= THE PROBLEM =
Reproduce word for word, from the entries below, the line with "-- std::adjacent_find finds", the line with "abbrev pub previous_outputs", and every line between them, and nothing more.

= PROVIDED RECORDS =

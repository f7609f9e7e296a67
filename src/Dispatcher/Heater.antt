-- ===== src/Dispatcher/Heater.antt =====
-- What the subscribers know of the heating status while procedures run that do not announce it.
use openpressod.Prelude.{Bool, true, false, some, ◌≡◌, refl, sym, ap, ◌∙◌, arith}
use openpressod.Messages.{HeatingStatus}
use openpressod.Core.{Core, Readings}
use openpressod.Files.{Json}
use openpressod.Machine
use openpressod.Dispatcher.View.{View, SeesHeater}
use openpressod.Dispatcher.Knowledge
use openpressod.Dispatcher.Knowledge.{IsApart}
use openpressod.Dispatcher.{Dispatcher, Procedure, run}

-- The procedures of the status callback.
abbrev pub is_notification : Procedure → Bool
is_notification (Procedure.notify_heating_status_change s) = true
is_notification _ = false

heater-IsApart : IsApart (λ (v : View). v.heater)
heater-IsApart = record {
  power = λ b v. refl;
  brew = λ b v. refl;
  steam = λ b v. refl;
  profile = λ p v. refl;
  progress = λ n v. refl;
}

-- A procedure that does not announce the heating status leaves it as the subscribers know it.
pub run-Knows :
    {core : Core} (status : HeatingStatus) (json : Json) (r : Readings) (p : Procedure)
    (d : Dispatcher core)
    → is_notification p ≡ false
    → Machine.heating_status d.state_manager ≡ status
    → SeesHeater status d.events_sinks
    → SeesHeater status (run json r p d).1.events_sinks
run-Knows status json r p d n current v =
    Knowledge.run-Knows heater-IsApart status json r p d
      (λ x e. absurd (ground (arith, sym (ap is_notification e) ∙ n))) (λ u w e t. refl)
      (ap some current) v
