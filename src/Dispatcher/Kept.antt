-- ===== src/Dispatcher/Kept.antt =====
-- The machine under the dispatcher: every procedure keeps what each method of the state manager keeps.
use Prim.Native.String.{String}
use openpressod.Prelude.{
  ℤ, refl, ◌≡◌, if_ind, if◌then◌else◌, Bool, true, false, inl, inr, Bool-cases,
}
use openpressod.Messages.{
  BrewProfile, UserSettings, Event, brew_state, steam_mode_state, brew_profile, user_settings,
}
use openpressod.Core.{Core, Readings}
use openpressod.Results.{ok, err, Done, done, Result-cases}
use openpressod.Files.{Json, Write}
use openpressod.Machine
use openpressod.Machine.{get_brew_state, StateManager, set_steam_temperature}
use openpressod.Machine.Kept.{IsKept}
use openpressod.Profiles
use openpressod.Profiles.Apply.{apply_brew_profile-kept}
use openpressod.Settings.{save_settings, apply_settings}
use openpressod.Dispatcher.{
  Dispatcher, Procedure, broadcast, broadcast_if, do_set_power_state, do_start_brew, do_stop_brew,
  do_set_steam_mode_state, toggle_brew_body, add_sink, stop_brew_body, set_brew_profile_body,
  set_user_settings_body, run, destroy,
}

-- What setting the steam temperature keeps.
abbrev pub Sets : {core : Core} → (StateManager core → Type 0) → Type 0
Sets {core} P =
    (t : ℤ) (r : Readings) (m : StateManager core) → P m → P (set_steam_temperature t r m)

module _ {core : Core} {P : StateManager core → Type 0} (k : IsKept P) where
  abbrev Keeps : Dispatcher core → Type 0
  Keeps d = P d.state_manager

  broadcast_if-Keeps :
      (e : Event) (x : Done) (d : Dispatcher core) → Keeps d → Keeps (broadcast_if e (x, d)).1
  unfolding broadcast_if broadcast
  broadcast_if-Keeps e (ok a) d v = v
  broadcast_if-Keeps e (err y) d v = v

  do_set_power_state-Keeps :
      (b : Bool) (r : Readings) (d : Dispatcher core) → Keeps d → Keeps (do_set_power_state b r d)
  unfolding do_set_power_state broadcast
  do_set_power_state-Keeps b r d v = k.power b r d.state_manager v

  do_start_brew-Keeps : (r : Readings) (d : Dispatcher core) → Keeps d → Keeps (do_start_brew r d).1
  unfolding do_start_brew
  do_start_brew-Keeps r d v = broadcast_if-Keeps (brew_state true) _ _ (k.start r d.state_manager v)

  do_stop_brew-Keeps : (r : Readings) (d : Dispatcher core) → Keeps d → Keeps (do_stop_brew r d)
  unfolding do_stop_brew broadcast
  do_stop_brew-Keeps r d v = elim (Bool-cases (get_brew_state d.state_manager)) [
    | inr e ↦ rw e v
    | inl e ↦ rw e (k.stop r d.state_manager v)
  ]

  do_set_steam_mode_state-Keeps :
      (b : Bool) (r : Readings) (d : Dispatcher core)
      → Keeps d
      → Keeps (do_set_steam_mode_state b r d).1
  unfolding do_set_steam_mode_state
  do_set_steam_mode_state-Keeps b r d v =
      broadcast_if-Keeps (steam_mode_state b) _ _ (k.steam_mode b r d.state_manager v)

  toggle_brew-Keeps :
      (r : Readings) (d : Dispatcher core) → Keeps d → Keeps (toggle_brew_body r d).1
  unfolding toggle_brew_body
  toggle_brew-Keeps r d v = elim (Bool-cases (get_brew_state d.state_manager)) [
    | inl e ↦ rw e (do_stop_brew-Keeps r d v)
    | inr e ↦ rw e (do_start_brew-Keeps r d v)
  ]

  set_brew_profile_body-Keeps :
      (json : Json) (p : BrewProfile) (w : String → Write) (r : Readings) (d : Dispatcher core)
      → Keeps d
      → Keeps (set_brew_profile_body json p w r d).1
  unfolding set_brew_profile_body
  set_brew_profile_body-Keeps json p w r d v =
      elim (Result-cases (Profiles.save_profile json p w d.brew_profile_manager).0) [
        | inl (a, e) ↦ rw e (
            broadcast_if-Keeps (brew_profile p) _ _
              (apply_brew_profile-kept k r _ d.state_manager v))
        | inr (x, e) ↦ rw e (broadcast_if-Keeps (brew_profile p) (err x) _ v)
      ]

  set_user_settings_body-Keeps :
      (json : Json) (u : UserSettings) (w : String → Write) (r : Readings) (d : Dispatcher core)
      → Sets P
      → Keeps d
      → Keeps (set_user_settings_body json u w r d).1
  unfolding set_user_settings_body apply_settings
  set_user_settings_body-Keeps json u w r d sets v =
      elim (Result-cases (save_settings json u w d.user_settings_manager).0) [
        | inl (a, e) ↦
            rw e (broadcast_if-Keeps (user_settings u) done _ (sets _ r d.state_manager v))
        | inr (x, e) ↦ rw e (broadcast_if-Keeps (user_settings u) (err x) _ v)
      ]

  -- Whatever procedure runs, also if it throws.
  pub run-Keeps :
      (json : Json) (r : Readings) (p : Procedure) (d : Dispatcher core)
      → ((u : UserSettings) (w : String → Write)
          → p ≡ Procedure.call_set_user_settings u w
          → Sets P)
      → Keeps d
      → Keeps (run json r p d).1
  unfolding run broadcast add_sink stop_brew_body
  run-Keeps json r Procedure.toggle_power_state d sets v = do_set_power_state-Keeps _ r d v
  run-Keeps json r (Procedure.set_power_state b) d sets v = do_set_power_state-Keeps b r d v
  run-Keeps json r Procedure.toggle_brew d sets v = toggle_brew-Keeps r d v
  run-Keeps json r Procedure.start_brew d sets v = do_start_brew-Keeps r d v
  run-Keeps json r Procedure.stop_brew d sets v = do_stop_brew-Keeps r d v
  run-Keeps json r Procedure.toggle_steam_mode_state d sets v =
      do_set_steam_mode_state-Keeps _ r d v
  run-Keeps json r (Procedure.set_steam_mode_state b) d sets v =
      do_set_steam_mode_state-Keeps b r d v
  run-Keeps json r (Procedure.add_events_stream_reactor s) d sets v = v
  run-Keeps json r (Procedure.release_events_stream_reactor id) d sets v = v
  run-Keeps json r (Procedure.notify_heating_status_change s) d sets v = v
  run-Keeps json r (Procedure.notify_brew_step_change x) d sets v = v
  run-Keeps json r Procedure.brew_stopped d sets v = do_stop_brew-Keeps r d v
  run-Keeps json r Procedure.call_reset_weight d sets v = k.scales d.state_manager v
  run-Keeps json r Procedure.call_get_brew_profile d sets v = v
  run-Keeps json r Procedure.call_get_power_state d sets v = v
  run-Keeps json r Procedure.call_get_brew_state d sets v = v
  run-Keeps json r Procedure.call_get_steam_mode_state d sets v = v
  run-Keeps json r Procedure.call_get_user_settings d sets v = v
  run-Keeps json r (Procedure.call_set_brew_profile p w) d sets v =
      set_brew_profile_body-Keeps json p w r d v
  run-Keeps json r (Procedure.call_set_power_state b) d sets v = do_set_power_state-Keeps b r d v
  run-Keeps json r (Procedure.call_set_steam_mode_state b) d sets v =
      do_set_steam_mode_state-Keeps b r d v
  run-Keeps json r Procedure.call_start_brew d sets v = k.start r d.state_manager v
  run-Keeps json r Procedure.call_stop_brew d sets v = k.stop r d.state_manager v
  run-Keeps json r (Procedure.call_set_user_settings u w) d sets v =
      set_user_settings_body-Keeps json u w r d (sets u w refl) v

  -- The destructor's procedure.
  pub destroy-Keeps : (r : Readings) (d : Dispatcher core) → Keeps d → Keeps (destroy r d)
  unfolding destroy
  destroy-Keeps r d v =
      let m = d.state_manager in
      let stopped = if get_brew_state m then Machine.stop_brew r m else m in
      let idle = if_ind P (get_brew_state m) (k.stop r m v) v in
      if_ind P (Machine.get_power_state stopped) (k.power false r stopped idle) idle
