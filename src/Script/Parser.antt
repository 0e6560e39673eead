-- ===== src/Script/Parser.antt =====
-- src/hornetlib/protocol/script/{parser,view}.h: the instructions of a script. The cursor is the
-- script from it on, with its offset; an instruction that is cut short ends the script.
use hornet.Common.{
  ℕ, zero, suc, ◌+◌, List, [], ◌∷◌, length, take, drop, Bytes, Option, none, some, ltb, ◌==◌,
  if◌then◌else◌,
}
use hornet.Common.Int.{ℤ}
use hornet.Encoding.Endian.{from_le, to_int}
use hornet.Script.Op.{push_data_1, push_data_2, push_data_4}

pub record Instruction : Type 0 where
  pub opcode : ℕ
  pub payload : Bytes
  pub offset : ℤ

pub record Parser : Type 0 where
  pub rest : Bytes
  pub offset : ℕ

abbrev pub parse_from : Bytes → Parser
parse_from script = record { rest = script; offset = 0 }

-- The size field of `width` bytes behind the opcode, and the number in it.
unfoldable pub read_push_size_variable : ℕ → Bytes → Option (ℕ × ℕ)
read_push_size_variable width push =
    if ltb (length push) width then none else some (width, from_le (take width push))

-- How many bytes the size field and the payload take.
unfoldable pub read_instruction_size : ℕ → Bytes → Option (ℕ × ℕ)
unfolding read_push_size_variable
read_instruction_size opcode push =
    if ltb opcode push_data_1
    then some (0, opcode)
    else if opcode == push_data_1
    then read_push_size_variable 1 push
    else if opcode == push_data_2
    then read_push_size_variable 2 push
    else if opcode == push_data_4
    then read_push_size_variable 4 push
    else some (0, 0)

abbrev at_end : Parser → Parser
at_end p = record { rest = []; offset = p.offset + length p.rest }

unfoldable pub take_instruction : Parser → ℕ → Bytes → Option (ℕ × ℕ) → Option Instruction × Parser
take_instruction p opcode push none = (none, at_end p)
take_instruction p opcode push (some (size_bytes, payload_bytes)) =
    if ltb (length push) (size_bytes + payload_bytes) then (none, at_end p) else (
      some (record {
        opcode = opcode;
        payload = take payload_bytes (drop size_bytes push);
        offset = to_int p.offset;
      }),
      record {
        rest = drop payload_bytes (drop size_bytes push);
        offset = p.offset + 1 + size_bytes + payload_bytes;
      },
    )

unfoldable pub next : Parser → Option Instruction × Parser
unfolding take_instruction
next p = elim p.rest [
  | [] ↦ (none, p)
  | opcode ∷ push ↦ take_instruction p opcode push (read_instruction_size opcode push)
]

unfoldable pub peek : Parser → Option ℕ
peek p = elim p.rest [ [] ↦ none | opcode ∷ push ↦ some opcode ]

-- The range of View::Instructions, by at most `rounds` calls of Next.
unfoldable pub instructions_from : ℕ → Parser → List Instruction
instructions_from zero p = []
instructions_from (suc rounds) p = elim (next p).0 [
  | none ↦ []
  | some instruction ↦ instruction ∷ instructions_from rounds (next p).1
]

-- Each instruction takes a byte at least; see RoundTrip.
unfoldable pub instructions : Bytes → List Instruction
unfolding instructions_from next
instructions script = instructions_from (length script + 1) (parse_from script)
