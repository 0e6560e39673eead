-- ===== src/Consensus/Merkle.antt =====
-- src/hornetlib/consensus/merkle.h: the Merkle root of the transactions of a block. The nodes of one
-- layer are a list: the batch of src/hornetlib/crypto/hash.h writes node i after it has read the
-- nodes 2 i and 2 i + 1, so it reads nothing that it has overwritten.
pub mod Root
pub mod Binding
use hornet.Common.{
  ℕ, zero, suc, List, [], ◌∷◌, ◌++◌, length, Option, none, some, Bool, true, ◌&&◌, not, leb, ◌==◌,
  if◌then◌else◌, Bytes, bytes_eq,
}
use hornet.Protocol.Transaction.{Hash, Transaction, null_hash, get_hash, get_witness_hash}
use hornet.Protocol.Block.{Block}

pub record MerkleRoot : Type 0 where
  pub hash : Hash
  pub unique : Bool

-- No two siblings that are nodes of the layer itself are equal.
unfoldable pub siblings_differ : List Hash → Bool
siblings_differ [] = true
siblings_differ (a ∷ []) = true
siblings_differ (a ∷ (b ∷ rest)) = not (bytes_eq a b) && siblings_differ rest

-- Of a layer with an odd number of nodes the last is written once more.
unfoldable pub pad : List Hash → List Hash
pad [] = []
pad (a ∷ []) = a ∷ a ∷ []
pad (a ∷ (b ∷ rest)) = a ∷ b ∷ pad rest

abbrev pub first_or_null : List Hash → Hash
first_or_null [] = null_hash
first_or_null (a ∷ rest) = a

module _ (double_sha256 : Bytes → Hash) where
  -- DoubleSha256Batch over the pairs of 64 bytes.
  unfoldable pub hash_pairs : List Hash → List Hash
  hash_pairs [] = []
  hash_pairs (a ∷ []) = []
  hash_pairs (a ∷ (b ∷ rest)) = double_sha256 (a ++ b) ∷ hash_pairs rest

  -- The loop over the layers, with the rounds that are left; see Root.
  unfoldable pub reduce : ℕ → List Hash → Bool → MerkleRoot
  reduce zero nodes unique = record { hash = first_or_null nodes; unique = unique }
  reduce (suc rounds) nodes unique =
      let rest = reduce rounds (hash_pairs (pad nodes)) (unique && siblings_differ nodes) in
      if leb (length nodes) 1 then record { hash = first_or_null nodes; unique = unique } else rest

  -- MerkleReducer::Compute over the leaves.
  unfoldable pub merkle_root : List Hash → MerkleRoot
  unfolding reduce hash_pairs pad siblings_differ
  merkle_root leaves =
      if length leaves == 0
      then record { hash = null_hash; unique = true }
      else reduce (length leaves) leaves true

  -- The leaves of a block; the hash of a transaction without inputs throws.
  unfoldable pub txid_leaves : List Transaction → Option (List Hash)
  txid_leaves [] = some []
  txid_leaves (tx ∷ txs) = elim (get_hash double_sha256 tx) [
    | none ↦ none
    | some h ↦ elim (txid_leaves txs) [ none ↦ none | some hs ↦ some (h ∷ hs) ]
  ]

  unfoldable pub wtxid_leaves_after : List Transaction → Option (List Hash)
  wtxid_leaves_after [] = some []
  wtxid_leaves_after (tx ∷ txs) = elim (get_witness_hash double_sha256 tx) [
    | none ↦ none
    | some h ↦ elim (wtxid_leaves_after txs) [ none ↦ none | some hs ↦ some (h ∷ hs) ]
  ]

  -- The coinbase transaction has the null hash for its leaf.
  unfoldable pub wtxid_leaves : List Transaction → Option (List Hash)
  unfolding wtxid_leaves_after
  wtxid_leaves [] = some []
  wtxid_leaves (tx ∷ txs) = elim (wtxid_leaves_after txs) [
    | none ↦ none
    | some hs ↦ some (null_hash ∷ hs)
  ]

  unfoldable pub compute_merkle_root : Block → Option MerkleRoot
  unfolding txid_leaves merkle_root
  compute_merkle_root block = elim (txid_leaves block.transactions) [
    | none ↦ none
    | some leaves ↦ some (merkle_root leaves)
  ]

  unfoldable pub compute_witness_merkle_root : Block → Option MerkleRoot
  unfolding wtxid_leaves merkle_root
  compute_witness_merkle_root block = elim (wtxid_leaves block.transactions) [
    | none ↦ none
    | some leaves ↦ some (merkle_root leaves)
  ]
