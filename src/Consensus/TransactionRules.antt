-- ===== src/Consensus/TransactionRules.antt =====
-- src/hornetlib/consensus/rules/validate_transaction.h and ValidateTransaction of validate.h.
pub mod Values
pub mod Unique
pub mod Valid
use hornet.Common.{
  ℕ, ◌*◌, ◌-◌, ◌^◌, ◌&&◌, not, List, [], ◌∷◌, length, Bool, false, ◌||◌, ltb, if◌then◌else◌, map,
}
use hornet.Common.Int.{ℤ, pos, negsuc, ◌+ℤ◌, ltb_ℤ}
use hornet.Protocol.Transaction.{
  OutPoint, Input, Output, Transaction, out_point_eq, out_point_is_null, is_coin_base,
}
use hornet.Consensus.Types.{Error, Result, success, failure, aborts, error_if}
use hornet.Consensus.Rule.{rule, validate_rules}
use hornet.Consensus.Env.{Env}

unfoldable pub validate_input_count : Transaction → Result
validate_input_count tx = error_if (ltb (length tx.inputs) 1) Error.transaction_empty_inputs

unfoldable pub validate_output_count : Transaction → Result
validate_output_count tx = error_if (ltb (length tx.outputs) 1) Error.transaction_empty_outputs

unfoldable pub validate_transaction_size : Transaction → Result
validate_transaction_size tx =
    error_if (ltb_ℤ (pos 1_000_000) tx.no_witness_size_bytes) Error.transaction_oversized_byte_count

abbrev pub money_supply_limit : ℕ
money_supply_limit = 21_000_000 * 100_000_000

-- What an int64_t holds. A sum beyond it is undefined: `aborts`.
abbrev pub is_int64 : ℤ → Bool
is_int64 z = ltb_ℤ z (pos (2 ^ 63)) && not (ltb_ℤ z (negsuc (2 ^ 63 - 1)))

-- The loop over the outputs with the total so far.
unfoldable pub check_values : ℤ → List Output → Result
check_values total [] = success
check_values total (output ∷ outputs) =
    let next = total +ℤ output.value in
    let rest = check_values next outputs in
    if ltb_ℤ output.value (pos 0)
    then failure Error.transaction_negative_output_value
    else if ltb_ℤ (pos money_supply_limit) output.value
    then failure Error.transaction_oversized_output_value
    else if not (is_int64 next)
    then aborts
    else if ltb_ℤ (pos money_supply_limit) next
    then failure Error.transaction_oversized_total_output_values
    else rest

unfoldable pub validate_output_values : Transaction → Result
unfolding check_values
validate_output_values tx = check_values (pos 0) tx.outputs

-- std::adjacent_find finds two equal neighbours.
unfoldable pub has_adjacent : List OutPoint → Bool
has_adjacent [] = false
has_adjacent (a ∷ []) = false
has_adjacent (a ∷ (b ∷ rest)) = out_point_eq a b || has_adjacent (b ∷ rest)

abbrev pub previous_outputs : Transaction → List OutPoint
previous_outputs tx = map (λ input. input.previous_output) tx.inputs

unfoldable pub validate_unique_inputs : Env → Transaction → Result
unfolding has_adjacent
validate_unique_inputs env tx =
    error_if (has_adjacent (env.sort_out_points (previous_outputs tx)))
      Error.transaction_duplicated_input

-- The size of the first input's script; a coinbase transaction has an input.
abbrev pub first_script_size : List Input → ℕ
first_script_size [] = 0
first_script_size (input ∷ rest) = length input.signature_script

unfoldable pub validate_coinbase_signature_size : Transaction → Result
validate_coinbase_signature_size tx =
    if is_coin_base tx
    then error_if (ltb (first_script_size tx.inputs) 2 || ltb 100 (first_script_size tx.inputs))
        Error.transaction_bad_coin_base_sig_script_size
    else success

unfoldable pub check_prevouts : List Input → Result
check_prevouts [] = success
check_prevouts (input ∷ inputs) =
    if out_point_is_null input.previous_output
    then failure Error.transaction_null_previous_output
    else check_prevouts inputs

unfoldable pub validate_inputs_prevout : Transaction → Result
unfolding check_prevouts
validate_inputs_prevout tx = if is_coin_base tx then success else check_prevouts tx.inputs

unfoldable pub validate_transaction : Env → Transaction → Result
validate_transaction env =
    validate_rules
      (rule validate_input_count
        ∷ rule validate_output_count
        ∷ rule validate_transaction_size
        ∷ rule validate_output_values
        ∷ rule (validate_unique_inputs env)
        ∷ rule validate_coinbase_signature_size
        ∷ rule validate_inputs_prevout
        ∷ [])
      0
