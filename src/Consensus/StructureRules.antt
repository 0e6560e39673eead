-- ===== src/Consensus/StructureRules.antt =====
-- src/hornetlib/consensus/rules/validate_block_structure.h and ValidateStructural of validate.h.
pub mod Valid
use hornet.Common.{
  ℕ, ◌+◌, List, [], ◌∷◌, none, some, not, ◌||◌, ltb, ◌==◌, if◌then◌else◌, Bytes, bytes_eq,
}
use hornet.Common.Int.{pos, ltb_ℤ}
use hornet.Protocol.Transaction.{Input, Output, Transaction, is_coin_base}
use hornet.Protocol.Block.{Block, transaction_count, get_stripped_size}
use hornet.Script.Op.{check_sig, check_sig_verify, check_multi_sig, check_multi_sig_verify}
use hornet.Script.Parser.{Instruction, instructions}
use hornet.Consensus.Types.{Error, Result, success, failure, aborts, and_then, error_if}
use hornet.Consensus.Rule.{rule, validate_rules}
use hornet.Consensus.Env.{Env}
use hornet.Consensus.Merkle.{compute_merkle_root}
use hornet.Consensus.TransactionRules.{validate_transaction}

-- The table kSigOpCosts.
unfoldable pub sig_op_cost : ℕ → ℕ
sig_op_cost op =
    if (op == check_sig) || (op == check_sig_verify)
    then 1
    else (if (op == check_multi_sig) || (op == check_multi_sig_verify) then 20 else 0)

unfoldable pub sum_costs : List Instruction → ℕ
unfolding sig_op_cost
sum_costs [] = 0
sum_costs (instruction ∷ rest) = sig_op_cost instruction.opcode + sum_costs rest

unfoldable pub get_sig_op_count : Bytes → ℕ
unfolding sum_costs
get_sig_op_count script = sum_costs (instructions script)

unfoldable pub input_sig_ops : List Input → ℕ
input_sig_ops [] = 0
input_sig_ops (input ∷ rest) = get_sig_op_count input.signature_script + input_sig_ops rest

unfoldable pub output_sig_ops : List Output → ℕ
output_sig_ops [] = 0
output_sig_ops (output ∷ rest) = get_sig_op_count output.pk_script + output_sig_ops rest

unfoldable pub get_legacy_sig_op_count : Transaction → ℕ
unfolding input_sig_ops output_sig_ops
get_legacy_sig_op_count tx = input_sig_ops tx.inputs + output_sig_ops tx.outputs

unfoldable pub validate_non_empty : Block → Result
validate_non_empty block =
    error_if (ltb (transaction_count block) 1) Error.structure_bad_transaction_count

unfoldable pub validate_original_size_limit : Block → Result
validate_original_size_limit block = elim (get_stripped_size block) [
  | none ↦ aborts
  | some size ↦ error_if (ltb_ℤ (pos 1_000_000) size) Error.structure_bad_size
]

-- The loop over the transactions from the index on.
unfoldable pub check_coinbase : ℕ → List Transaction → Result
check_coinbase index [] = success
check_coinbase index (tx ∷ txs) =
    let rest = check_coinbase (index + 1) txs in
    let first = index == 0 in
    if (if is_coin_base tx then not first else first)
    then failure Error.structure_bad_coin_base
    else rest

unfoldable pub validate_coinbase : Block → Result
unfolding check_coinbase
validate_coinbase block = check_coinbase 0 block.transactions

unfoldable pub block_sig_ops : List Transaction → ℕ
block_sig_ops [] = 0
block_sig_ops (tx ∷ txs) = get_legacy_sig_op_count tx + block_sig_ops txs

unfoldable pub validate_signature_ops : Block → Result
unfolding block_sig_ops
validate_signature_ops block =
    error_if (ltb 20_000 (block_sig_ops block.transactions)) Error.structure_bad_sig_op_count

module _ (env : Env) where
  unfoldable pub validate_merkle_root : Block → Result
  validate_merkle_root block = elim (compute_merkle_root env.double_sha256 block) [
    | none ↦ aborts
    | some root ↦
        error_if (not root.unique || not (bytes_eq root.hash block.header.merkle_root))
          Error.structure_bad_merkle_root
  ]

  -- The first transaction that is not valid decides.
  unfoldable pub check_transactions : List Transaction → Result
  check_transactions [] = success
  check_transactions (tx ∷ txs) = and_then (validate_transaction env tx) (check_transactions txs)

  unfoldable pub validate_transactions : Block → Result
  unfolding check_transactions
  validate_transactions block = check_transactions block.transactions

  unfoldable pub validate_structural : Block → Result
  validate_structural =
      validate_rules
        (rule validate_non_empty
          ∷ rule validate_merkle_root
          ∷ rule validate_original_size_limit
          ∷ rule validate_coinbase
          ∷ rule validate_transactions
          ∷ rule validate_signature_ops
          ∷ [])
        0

= EXPECTED ANSWER =
-- std::adjacent_find finds two equal neighbours.
unfoldable pub has_adjacent : List OutPoint → Bool
has_adjacent [] = false
has_adjacent (a ∷ []) = false
has_adjacent (a ∷ (b ∷ rest)) = out_point_eq a b || has_adjacent (b ∷ rest)

abbrev pub previous_outputs : Transaction → List OutPoint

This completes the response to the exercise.